[TASK ITEM]: From the line containing "-- Behind the" down to the last line of the records below, give every line again without any change.

[Collected data]:
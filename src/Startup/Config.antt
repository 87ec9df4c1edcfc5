-- ===== src/Startup/Config.antt =====
-- What `main` of cmd/scam/main.go finds when it starts, and its first steps: loadConfig, the
-- identity at boot, and the lines on the custom resources.
use scam.Base.{
  Bool, Option, none, some, List, [], ◌∷◌, ◌++◌, Text, codes, if◌then◌else◌, text_eq, ◌==◌,
}
use scam.Capture.Trim.{trim_space}
use scam.Kube.{Unstructured, Pod, Service, EndpointSlice, Ingress, IngressClass}
use scam.Dynamic.{Nested}
use scam.Emit.{Log, texts, report}
use scam.Pod.Owner.{ReplicaSets}
use scam.Refs.{Services}
use scam.Gateway.{Gvr, gvr_strings}
use scam.Informer.{Any}
use scam.Snapshot.{Listed}
use scam.Discovery.{Served}
use scam.Tuning.{Floats}
use scam.Identity.{Build}
use scam.Identity.Lookup.{
  Env, RorIdentity, no_identity, Round, resolve_ror_api_key, fetch_ror_identity, trim_slashes,
}

pub record Flags : Type 0 where
  pub kubeconfig : Text
  pub show_version : Bool

-- What client-go answers: whether there is an in-cluster config, and the errors of the calls that
-- can fail, with no value where they succeed.
pub record Clients : Type 0 where
  pub in_cluster : Bool
  pub build_config : Text → Option Text
  pub clientset : Option Text
  pub dynamic_client : Option Text
  pub discovery_client : Option Text
  pub synced : Bool

-- The caches of the informers when the caches have synced.
pub record Caches : Type 0 where
  pub pods : Listed Pod
  pub services : Listed Service
  pub endpoint_slices : Listed EndpointSlice
  pub ingresses : Listed Ingress
  pub ingress_classes : Listed IngressClass
  pub gateway : Text → Option (List (Any Unstructured))
  pub traefik : Text → Option (List (Any Unstructured))

-- All that main is given. `boot` is what the Secret and ROR answer at boot, `kube_system_uid` the
-- uid of the namespace kube-system, `order` the order in which a map yields the API versions.
pub record Given : Type 1 where
  pub flags : Flags
  pub env : Env
  pub build : Build
  pub floats : Floats
  pub default_qps : floats.Float32
  pub clients : Clients
  pub boot : Round
  pub kube_system_uid : Text
  pub served : Served
  pub order : List Text
  pub gvr_string : Gvr → Text
  pub lib : Nested
  pub replica_sets : ReplicaSets
  pub get_service : Services
  pub caches : Caches
  pub snapshot_id : Text

-- The error, if any.
unfoldable pub load_config : Clients → (kubeconfig : Text) → Option Text
load_config c kubeconfig =
    if c.in_cluster
    then none
    else if kubeconfig == []
    then some (codes "no in-cluster config and no kubeconfig given")
    else c.build_config kubeconfig

unfoldable pub ror_endpoint : Env → Text
ror_endpoint env = trim_space (env (codes "ROR_API_ENDPOINT"))

unfoldable pub boot_identity : Env → Round → Log → RorIdentity × Log
boot_identity env r l =
    let endpoint = ror_endpoint env in
    let (apikey, m) = resolve_ror_api_key env r.secret l in
    if endpoint == []
    then (no_identity, l)
    else if apikey == []
    then (no_identity, m)
    else fetch_ror_identity endpoint r.self r.cluster m

-- The line on the resources of a group that were found.
abbrev pub detected : (found missing : Text) → List Gvr → Log → Log
detected found missing [] l = report missing [] l
detected found missing (g ∷ gs) l =
    report found ((codes "resources", texts (gvr_strings (g ∷ gs))) ∷ []) l

unfoldable pub endpoint_at : (callcenter_url path : Text) → Text
endpoint_at callcenter_url path = trim_slashes callcenter_url ++ path
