-- ===== src/Startup.antt =====
-- `main` of cmd/scam/main.go: how the process starts, up to the live stream, and how it ends.
-- `Startup.Config` has what it is given and its first steps.
pub mod Config
mod Silence
mod Outcomes
mod Stream
mod Delivered
mod Tests
use scam.Base.{
  ℕ, Bool, true, false, not, Option, none, some, List, [], ◌∷◌, ◌++◌, Text, codes, length,
  if◌then◌else◌, text_eq, ◌==◌,
}
use scam.Capture.Trim.{trim_space}
use scam.Emit.{Log, text, report}
use scam.Banner.{print_banner}
use scam.Tuning.{env_int, env_float32}
use scam.Discovery.{discover_gateway_api, discover_traefik}
use scam.Snapshot.{SnapshotResources, build_dynamic_snapshots, emit_full_snapshot}
use scam.Identity.{
  IdentityAttr, resolve_cluster_name, resolve_cluster_id, resolve_environment, cluster_attr_set,
}
use scam.Identity.Lookup.{RorIdentity}
use scam.Watch.{Setting, Notified, notify_all}
use Config.{Given, load_config, boot_identity, detected, endpoint_at}

-- What a process has when its stream starts. `captured_from` is how many records were logged
-- before the capture was installed, with no value where there is none; then there are no endpoints
-- either.
pub record Process : Type 0 where
  pub log : Log
  pub ror : RorIdentity
  pub cluster_attrs : List IdentityAttr
  pub banner : Option (List Text)
  pub captured_from : Option ℕ
  pub push_endpoint : Text
  pub heartbeat_endpoint : Text

-- How main ends, or that it streams: the version was printed, or the process exited with 1.
pub data Ending : Type 0 where
  printed : Text → Ending
  exited : Log → Ending
  streaming : Process → Ending

abbrev pub fatal : Text → Text → Log → Ending
fatal message err l = exited (report message ((codes "err", text err) ∷ []) l)

-- The clients' limits: only what they log matters here.
unfoldable pub limits : Given → Log → Log
limits b l =
    let (qps, m) =
      env_float32 b.floats (codes "KUBE_CLIENT_QPS") (b.env (codes "KUBE_CLIENT_QPS")) b.default_qps
        l in
    (env_int (codes "KUBE_CLIENT_BURST") (b.env (codes "KUBE_CLIENT_BURST")) 10 m).1

-- The identity, the loggers and the banner.
unfoldable pub identified : Given → Log → Process
identified b l =
    let callcenter = trim_space (b.env (codes "CALLCENTER_URL")) in
    let (ror, m) = boot_identity b.env b.boot l in
    let name = resolve_cluster_name b.env ror.name in
    let id = resolve_cluster_id b.env b.kube_system_uid in
    let environment = resolve_environment b.env ror.environment in
    record {
      log = m;
      ror = ror;
      cluster_attrs = cluster_attr_set b.build name id environment ror;
      banner = print_banner (record {
        cluster_name = name;
        cluster_id = id;
        environment = environment;
        ror_slug = ror.slug;
        ror_uid = ror.uid;
        callcenter = callcenter;
        version = b.build.version;
        commit = b.build.commit;
      });
      captured_from = if callcenter == [] then none else some (length m.records);
      push_endpoint =
          if callcenter == [] then [] else endpoint_at callcenter (codes "/api/scam/callcenter");
      heartbeat_endpoint =
          if callcenter == [] then [] else endpoint_at callcenter (codes "/api/scam/heartbeat");
    }

-- The lines before the wait for the caches.
unfoldable pub announced : Given → Log → Log
announced b l =
    let l1 =
      detected (codes "gateway API detected") (codes "gateway API CRDs not installed; skipping")
        (discover_gateway_api b.served b.order) l in
    let l2 =
      detected (codes "traefik CRDs detected") (codes "traefik CRDs not installed; skipping")
        (discover_traefik b.served) l1 in
    report (codes "waiting for cache sync") [] l2

unfoldable pub resources_of : Given → SnapshotResources
resources_of b = record {
  pods = some b.caches.pods;
  services = some b.caches.services;
  endpoint_slices = some b.caches.endpoint_slices;
  ingresses = some b.caches.ingresses;
  ingress_classes = some b.caches.ingress_classes;
  gateway_api =
      build_dynamic_snapshots b.gvr_string (discover_gateway_api b.served b.order) b.caches.gateway;
  traefik = build_dynamic_snapshots b.gvr_string (discover_traefik b.served) b.caches.traefik;
}

-- The initial snapshot, once the gate is open.
unfoldable pub opened : Given → Log → Log
opened b l =
    report (codes "streaming events") []
      (emit_full_snapshot b.lib b.replica_sets (resources_of b) b.snapshot_id (codes "init") l)

abbrev pub watching : Given → Setting
watching b = record { lib = b.lib; replica_sets = b.replica_sets; services = some b.get_service }

-- Behind the wait for the caches, by whether they have synced.
abbrev pub with_sync : Given → Process → Log → Bool → Ending
with_sync b p l false = exited (report (codes "cache sync aborted") [] l)
with_sync b p l true = streaming (record p { log = opened b l })

-- From the informers on. `early` are the notices before the caches have synced.
unfoldable pub watched : Given → List Notified → Process → Ending
watched b early p =
    with_sync b p (notify_all (watching b) false early (announced b p.log)) b.clients.synced

abbrev pub with_discovery : Given → List Notified → Process → Option Text → Ending
with_discovery b early p (some err) = fatal (codes "build discovery client") err p.log
with_discovery b early p none = watched b early p

abbrev pub with_dynamic : Given → List Notified → Process → Option Text → Ending
with_dynamic b early p (some err) = fatal (codes "build dynamic client") err p.log
with_dynamic b early p none = with_discovery b early p b.clients.discovery_client

abbrev pub with_clientset : Given → List Notified → Log → Option Text → Ending
with_clientset b early l (some err) = fatal (codes "build clientset") err l
with_clientset b early l none = with_dynamic b early (identified b l) b.clients.dynamic_client

abbrev pub with_config : Given → List Notified → Option Text → Ending
with_config b early (some err) =
    fatal (codes "load kube config") err (record { next_event_id = 0; records = [] })
with_config b early none =
    with_clientset b early (limits b (record { next_event_id = 0; records = [] }))
      b.clients.clientset

-- By the flag -version.
abbrev pub unless_version : Given → List Notified → Bool → Ending
unless_version b early true =
    printed (codes "scam " ++ (b.build.version ++ (codes " (" ++ (b.build.commit ++ codes ")\n"))))
unless_version b early false = with_config b early (load_config b.clients b.flags.kubeconfig)

unfoldable pub main : Given → List Notified → Ending
main b early = unless_version b early b.flags.show_version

[FINAL ANSWER]:
-- Behind the wait for the caches, by whether they have synced.
abbrev pub with_sync : Given → Process → Log → Bool → Ending
with_sync b p l false = exited (report (codes "cache sync aborted") [] l)
with_sync b p l true = streaming (record p { log = opened b l })

-- From the informers on. `early` are the notices before the caches have synced.
unfoldable pub watched : Given → List Notified → Process → Ending
watched b early p =
    with_sync b p (notify_all (watching b) false early (announced b p.log)) b.clients.synced

abbrev pub with_discovery : Given → List Notified → Process → Option Text → Ending
with_discovery b early p (some err) = fatal (codes "build discovery client") err p.log
with_discovery b early p none = watched b early p

abbrev pub with_dynamic : Given → List Notified → Process → Option Text → Ending
with_dynamic b early p (some err) = fatal (codes "build dynamic client") err p.log
with_dynamic b early p none = with_discovery b early p b.clients.discovery_client

abbrev pub with_clientset : Given → List Notified → Log → Option Text → Ending
with_clientset b early l (some err) = fatal (codes "build clientset") err l
with_clientset b early l none = with_dynamic b early (identified b l) b.clients.dynamic_client

abbrev pub with_config : Given → List Notified → Option Text → Ending
with_config b early (some err) =
    fatal (codes "load kube config") err (record { next_event_id = 0; records = [] })
with_config b early none =
    with_clientset b early (limits b (record { next_event_id = 0; records = [] }))
      b.clients.clientset

-- By the flag -version.
abbrev pub unless_version : Given → List Notified → Bool → Ending
unless_version b early true =
    printed (codes "scam " ++ (b.build.version ++ (codes " (" ++ (b.build.commit ++ codes ")\n"))))
unless_version b early false = with_config b early (load_config b.clients b.flags.kubeconfig)

unfoldable pub main : Given → List Notified → Ending
main b early = unless_version b early b.flags.show_version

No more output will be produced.